### WHAT TO PRODUCE
Gather every line of the entries that includes the word "module".

----

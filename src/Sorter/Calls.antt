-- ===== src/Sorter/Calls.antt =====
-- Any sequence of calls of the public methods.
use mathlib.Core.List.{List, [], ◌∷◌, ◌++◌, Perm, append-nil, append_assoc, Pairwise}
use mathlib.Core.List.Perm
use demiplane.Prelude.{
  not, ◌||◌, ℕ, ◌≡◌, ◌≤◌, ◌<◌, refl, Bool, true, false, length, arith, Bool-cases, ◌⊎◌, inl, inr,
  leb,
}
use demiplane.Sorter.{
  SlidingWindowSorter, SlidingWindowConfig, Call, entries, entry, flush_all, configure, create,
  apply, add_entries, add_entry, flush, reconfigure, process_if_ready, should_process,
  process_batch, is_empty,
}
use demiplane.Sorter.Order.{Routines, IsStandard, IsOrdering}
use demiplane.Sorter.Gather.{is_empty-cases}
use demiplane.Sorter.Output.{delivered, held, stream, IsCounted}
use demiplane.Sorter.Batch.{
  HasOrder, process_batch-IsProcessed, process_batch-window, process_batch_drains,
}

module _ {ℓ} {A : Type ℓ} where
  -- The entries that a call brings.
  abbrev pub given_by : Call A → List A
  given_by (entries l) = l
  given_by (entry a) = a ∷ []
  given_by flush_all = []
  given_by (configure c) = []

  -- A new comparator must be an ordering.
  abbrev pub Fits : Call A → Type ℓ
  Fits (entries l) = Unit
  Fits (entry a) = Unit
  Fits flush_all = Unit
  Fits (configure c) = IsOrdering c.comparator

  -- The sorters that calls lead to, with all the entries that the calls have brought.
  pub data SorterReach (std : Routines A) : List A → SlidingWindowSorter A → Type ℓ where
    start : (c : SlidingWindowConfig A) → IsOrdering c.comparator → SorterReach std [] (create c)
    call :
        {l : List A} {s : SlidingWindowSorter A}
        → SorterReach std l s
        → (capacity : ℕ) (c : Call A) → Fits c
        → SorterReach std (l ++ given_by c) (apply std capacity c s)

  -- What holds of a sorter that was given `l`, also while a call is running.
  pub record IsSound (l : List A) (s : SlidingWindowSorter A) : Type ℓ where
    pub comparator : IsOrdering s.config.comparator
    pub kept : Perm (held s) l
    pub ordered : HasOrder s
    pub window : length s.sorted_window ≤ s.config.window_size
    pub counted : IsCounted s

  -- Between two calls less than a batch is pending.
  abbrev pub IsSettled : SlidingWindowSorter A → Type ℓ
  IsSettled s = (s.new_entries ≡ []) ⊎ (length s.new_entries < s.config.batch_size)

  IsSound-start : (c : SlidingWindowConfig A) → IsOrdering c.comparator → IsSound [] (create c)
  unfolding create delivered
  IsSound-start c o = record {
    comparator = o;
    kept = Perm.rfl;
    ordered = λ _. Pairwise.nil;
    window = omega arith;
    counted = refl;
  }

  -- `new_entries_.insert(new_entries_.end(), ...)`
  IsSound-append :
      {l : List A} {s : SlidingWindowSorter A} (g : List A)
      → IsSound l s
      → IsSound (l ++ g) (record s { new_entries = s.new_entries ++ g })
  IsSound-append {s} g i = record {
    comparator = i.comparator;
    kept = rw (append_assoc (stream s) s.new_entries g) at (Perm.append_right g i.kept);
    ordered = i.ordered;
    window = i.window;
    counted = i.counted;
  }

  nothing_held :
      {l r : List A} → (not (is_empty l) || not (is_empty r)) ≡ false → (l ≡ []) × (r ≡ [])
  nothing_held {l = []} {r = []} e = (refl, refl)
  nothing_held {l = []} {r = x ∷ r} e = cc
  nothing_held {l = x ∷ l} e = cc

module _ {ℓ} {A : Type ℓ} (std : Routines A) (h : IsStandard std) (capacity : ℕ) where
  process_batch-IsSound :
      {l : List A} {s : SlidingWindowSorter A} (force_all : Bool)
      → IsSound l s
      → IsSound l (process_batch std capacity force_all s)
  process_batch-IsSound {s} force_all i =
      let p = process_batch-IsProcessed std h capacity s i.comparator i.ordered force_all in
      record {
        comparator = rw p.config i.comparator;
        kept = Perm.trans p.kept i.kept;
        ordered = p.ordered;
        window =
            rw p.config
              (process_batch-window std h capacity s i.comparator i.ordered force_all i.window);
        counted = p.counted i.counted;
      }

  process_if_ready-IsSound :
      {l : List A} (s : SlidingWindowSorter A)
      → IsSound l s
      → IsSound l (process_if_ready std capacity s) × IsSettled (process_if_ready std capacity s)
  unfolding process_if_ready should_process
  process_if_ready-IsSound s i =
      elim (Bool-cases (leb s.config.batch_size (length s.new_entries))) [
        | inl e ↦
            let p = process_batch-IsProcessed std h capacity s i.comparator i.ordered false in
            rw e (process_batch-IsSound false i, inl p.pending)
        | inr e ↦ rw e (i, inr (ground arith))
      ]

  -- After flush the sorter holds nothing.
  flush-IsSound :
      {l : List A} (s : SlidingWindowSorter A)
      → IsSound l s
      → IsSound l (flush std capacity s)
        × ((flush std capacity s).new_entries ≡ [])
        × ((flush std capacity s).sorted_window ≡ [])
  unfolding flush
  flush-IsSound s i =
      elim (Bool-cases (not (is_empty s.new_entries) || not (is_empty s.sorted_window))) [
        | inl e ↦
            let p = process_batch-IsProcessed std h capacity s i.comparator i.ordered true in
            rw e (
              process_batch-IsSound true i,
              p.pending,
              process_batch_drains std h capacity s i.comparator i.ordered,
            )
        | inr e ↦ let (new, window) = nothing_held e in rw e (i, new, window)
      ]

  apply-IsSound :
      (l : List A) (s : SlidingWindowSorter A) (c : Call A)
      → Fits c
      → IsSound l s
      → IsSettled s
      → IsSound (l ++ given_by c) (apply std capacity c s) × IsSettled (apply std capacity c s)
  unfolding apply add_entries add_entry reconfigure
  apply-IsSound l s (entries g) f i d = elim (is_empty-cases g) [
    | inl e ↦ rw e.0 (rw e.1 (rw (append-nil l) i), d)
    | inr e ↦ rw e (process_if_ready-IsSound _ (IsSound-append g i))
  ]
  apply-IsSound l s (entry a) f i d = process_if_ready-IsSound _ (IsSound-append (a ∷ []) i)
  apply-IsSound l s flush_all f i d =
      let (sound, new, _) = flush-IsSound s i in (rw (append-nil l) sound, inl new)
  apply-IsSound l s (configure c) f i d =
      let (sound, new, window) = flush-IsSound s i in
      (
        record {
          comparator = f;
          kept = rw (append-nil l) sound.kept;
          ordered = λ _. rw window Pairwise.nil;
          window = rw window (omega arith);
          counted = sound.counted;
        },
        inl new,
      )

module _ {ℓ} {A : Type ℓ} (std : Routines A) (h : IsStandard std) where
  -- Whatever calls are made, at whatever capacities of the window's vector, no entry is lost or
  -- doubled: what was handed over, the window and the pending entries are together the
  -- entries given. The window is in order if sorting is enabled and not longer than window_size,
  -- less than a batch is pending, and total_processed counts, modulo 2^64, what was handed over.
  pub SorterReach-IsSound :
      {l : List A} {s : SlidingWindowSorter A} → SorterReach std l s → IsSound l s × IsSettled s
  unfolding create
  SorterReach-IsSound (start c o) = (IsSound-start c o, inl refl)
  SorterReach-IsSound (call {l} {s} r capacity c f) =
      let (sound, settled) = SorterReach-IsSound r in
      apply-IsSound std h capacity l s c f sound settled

----

### EXERCISE RESULT
module _ {ℓ} {A : Type ℓ} where
module _ {ℓ} {A : Type ℓ} (std : Routines A) (h : IsStandard std) (capacity : ℕ) where
module _ {ℓ} {A : Type ℓ} (std : Routines A) (h : IsStandard std) where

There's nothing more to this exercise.